An orthographic projection map is a map projection of cartography. Like the stereographic projection and gnomonic projection, orthographic projection is a perspective (or azimuthal) projection, in which the sphere is projected onto a tangent plane or secant plane. The point of perspective for the orthographic projection is at infinite distance. It depicts a hemisphere of the globe as it appears from outer space, where the horizon is a great circle. The shapes and areas are distorted, particularly near the edges.

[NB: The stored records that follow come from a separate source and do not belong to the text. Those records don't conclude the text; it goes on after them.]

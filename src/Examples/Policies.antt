-- ===== src/Examples/Policies.antt =====
-- The policy engine on small inputs.
use mathlib.Core.List.Perm
use hermes_manager.Prelude.{
  ℕ, if◌then◌else◌, String, ◌≡◌, ◌↔◌, refl, true, false, none, some, [], ◌∷◌, ◌++◌, ok, error, All,
  ◌==◌,
}
use hermes_manager.Policy.{
  Rule, PolicyRequest, Engine, PolicyFile, rules_of, unreadable, actual_of, condition_holds,
  match_conditions, match_rule, evaluate, about_file, load_from_file, reload, built, new_engine,
}
use hermes_manager.Policy.FirstMatch.{ActsAs, Decides, evaluate-Decides_iff, evaluate-append_first}
use hermes_manager.Policy.Visits.{Field, match_conditions-perm, match_rule-All_iff}
use hermes_manager.Policy.Reload.{reload_keeps, reload-new_engine}
use hermes_manager.Examples.Data.{library_functions, deny_guests}

abbrev guest_request : PolicyRequest
guest_request = record { model = "small"; user = "guest"; team = "ops"; tool = ""; cost_usd = 0 }

abbrev allow_small : Rule
allow_small = record { id = "small"; action = "allow"; conditions = ("model", "small") ∷ [] }

abbrev allow_large : Rule
allow_large = record { id = "large"; action = "allow"; conditions = ("model", "large") ∷ [] }

abbrev format : ℕ → String
format = library_functions.format_float

evaluate-Decides_iff_example :
    (evaluate format (deny_guests ∷ allow_small ∷ []) guest_request
      ≡ record { allowed = false; denied_by = "no-guests"; error = none })
    ↔ Decides format guest_request
        (deny_guests ∷ allow_small ∷ [])
        (record { allowed = false; denied_by = "no-guests"; error = none })
evaluate-Decides_iff_example =
    evaluate-Decides_iff format guest_request (deny_guests ∷ allow_small ∷ [])
      (record { allowed = false; denied_by = "no-guests"; error = none })

large_passes : match_rule format allow_large guest_request ≡ false
unfolding match_rule match_conditions condition_holds actual_of
large_passes = refl

small_matches : match_rule format allow_small guest_request ≡ true
unfolding match_rule match_conditions condition_holds actual_of
small_matches = refl

evaluate-append_first_example :
    ActsAs allow_small
      (evaluate format ((allow_large ∷ []) ++ allow_small ∷ deny_guests ∷ []) guest_request)
evaluate-append_first_example =
    evaluate-append_first format guest_request (allow_large ∷ []) (deny_guests ∷ []) allow_small
      (large_passes, tt) small_matches

match_conditions-perm_example :
    match_conditions format (("user", "guest") ∷ ("team", "ops") ∷ []) guest_request
    ≡ match_conditions format (("team", "ops") ∷ ("user", "guest") ∷ []) guest_request
match_conditions-perm_example =
    match_conditions-perm format guest_request (("user", "guest") ∷ ("team", "ops") ∷ [])
      (("team", "ops") ∷ ("user", "guest") ∷ []) (Perm.swap ("team", "ops") ("user", "guest") [])

match_rule-All_iff_example :
    (match_rule format deny_guests guest_request ≡ true)
    ↔ All {A = String × String} (λ c. Field format guest_request c.0 c.1) (("user", "guest") ∷ [])
match_rule-All_iff_example = match_rule-All_iff format guest_request deny_guests

-- One file is there.
abbrev files : String → PolicyFile
files path =
    if path == "policy.yaml" then rules_of (deny_guests ∷ []) else unreadable (error "no such file")

abbrev loaded : Engine
loaded = record { rules = deny_guests ∷ []; file_path = "policy.yaml" }

abbrev lost : Engine
lost = record { rules = deny_guests ∷ []; file_path = "gone.yaml" }

reload_fails :
    (reload files lost).0
    ≡ some (about_file "policy: read file " "gone.yaml" (error "no such file"))
unfolding reload load_from_file
reload_fails = refl

reload_keeps_example : (reload files lost).1 ≡ lost
reload_keeps_example =
    reload_keeps files lost (about_file "policy: read file " "gone.yaml" (error "no such file"))
      reload_fails

new_engine_made : new_engine files "policy.yaml" ≡ ok loaded
unfolding new_engine load_from_file built
new_engine_made = refl

reload-new_engine_example :
    (loaded.file_path ≡ "policy.yaml") × (reload files loaded ≡ (none, loaded))
reload-new_engine_example = reload-new_engine files "policy.yaml" loaded (λ e. cc) new_engine_made
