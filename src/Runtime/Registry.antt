-- ===== src/Runtime/Registry.antt =====
-- The registry of factories: `Register`, then `Get`.
use hermes_manager.Prelude.{
  String, ◌≡◌, refl, ◌∙◌, ap, false, none, some, List, ok, lookup, insert, lookup-insert,
  lookup-insert_self, is_absent, is_absent-some, ◌==◌, Bool-cases, inl, inr,
}
use hermes_manager.Runtime.{Factory, register, get}

taken_panics :
    {W : Type 0} (name : String) (g : Factory W) (registry : List (String × Factory W))
    (f : Factory W)
    → lookup name registry ≡ some f
    → register name g registry ≡ none
unfolding register
taken_panics name g registry f found =
    let taken : is_absent name registry ≡ false = is_absent-some name registry f found in
    rw (taken, register) refl

module _ {W : Type 0} (name : String) (f : Factory W) (registry : List (String × Factory W)) where
  register-eq-some :
      (after : List (String × Factory W))
      → register name f registry ≡ some after
      → after ≡ insert name f registry
  unfolding register
  register-eq-some after h = elim (Bool-cases (is_absent name registry)) [
    | inl free ↦ cc (rw (free, register) at h)
    | inr taken ↦ cc (rw (taken, register) at h)
  ]

  -- A registration that does not panic makes its factory the one that `Get` finds under its name,
  -- leaves what `Get` finds under the other names, and makes any further registration under that
  -- name panic.
  pub register-get :
      (after : List (String × Factory W))
      → register name f registry ≡ some after
      → (get name after ≡ ok f)
        × ((other : String) → (name == other) ≡ false → get other after ≡ get other registry)
        × ((g : Factory W) → register name g after ≡ none)
  unfolding get
  register-get after h =
      let e = register-eq-some after h in
      let found : lookup name after ≡ some f =
        ap (lookup name) e ∙ lookup-insert_self name f registry in
      (
        rw (found, get) refl,
        (λ other ne.
            let same : lookup other after ≡ lookup other registry =
              ap (lookup other) e ∙ lookup-insert name other f registry ∙ rw ne refl in
            rw (same, get) refl),
        (λ g. taken_panics name g after f found),
      )
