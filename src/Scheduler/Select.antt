-- ===== src/Scheduler/Select.antt =====
-- `SelectRuntime` with the policy "round-robin", on a scheduler as `NewScheduler` makes it.
use hermes_manager.Prelude.{
  ℕ, zero, suc, ◌+◌, ◌-◌, ◌%◌, ◌^◌, ◌<◌, String, ◌≡◌, refl, ◌∙◌, sym, ap, subst, ◌≢◌, false, some,
  List, [], ◌∷◌, arith, ok, lookup, ◌==◌, eqb, length, get_elem?, Bool-cases, inl, inr, eq_refl,
}
use native.Mathlib.Nat.{mod-lt}
use hermes_manager.Runtime.{Runtime}
use hermes_manager.Scheduler.{Scheduler, names_of, runtime_at, select_round_robin}

counter_wraps : (n : ℕ) → n < 2 ^ 64 → ((n + 1) % 2 ^ 64 + 2 ^ 64 - 1) % 2 ^ 64 ≡ n
counter_wraps n lt = omega arith

module _ {W : Type 0} where
  -- Each of the names is a key.
  names_of-lookup :
      (runtimes : List (String × Runtime W)) (i : ℕ)
      → i < length (names_of runtimes)
      → (name : String) × (rt : Runtime W) × (get_elem? (names_of runtimes) i ≡ some name)
        × (lookup name runtimes ≡ some rt)
  unfolding names_of lookup
  names_of-lookup [] i lt = absurd (omega arith)
  names_of-lookup ((name, rt) ∷ rest) zero lt = (name, rt, refl, rw (eq_refl name) refl)
  names_of-lookup ((key, first) ∷ rest) (suc i) lt =
      let (name, rt, at, found) = names_of-lookup rest i (omega arith) in
      elim (Bool-cases (key == name)) [
        | inl same ↦ (name, first, at, rw same refl)
        | inr other ↦ (name, rt, at, rw other found)
      ]

  length_positive : (runtimes : List (String × Runtime W)) → runtimes ≢ [] → 0 < length runtimes
  length_positive [] ne = absurd (ne refl)
  length_positive (r ∷ rest) ne = omega arith

  length-names_of :
      (runtimes : List (String × Runtime W)) → length (names_of runtimes) ≡ length runtimes
  unfolding names_of
  length-names_of [] = refl
  length-names_of (r ∷ rest) = ap suc (length-names_of rest)

  nonempty :
      (s : Scheduler W) → s.rr_names ≡ names_of s.runtimes → s.runtimes ≢ [] → 0 < length s.rr_names
  nonempty s names some_there =
      let same : length s.rr_names ≡ length s.runtimes =
        ap length names ∙ length-names_of s.runtimes in
      subst (λ n. 0 < n) (sym same) (length_positive s.runtimes some_there)

  selects :
      (s : Scheduler W) (name : String) (rt : Runtime W)
      → s.rr_index < 2 ^ 64
      → 0 < length s.rr_names
      → get_elem? s.rr_names (s.rr_index % length s.rr_names) ≡ some name
      → lookup name s.runtimes ≡ some rt
      → select_round_robin s ≡ (ok (some rt), record s { rr_index = (s.rr_index + 1) % 2 ^ 64 })
  unfolding select_round_robin runtime_at
  selects s name rt small many at found =
      let some_name : eqb (length s.rr_names) 0 ≡ false = ground arith in
      let found' : runtime_at s (s.rr_index % length s.rr_names) ≡ some rt =
        rw (at, runtime_at) found in
      rw (some_name, select_round_robin)
        (rw (counter_wraps s.rr_index small)
          (ap (λ o. (ok o, record s { rr_index = (s.rr_index + 1) % 2 ^ 64 })) found'))

  -- With the names that `NewScheduler` collects and a counter below 2 ^ 64, round-robin fails
  -- only where no runtime is registered. Otherwise it returns the runtime whose name stands at the
  -- counter modulo the number of runtimes, which is never nil, and moves the counter on by one.
  pub select_round_robin_lem :
      (s : Scheduler W)
      → s.rr_names ≡ names_of s.runtimes
      → s.rr_index < 2 ^ 64
      → s.runtimes ≢ []
      → (name : String) × (rt : Runtime W) × (get_elem? s.rr_names (s.rr_index % length s.rr_names)
          ≡ some name)
        × (lookup name s.runtimes ≡ some rt)
        × (select_round_robin s ≡ (ok (some rt), record s { rr_index = (s.rr_index + 1) % 2 ^ 64 }))
  unfolding select_round_robin runtime_at
  select_round_robin_lem s names small some_there =
      let many : 0 < length s.rr_names = nonempty s names some_there in
      let (name, rt, at, found) = names_of-lookup s.runtimes (s.rr_index % length s.rr_names) (
        subst (λ (ns : List String). s.rr_index % length s.rr_names < length ns) names
          (mod-lt s.rr_index many)) in
      let at' : get_elem? s.rr_names (s.rr_index % length s.rr_names) ≡ some name =
        ap (λ ns. get_elem? ns (s.rr_index % length s.rr_names)) names ∙ at in
      (name, rt, at', found, selects s name rt small many at' found)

The orthographic projection has been known since antiquity, with its cartographic uses being well documented. Hipparchus used the projection in the 2nd century BC to determine the places of star-rise and star-set. In about 14 BC, Roman engineer Marcus Vitruvius Pollio used the projection to construct sundials and to compute sun positions.

Vitruvius also seems to have devised the term orthographic – from the Greek orthos ("straight") and graphē ("drawing") – for the projection. However, the name analemma, which also meant a sundial showing latitude and longitude, was the common name until François d'Aguilon of Antwerp promoted its present name in 1613.

The earliest surviving maps on the projection appear as woodcut drawings of terrestrial globes of 1509 (anonymous), 1533 and 1551 (Johannes Schöner), and 1524 and 1551 (Apian).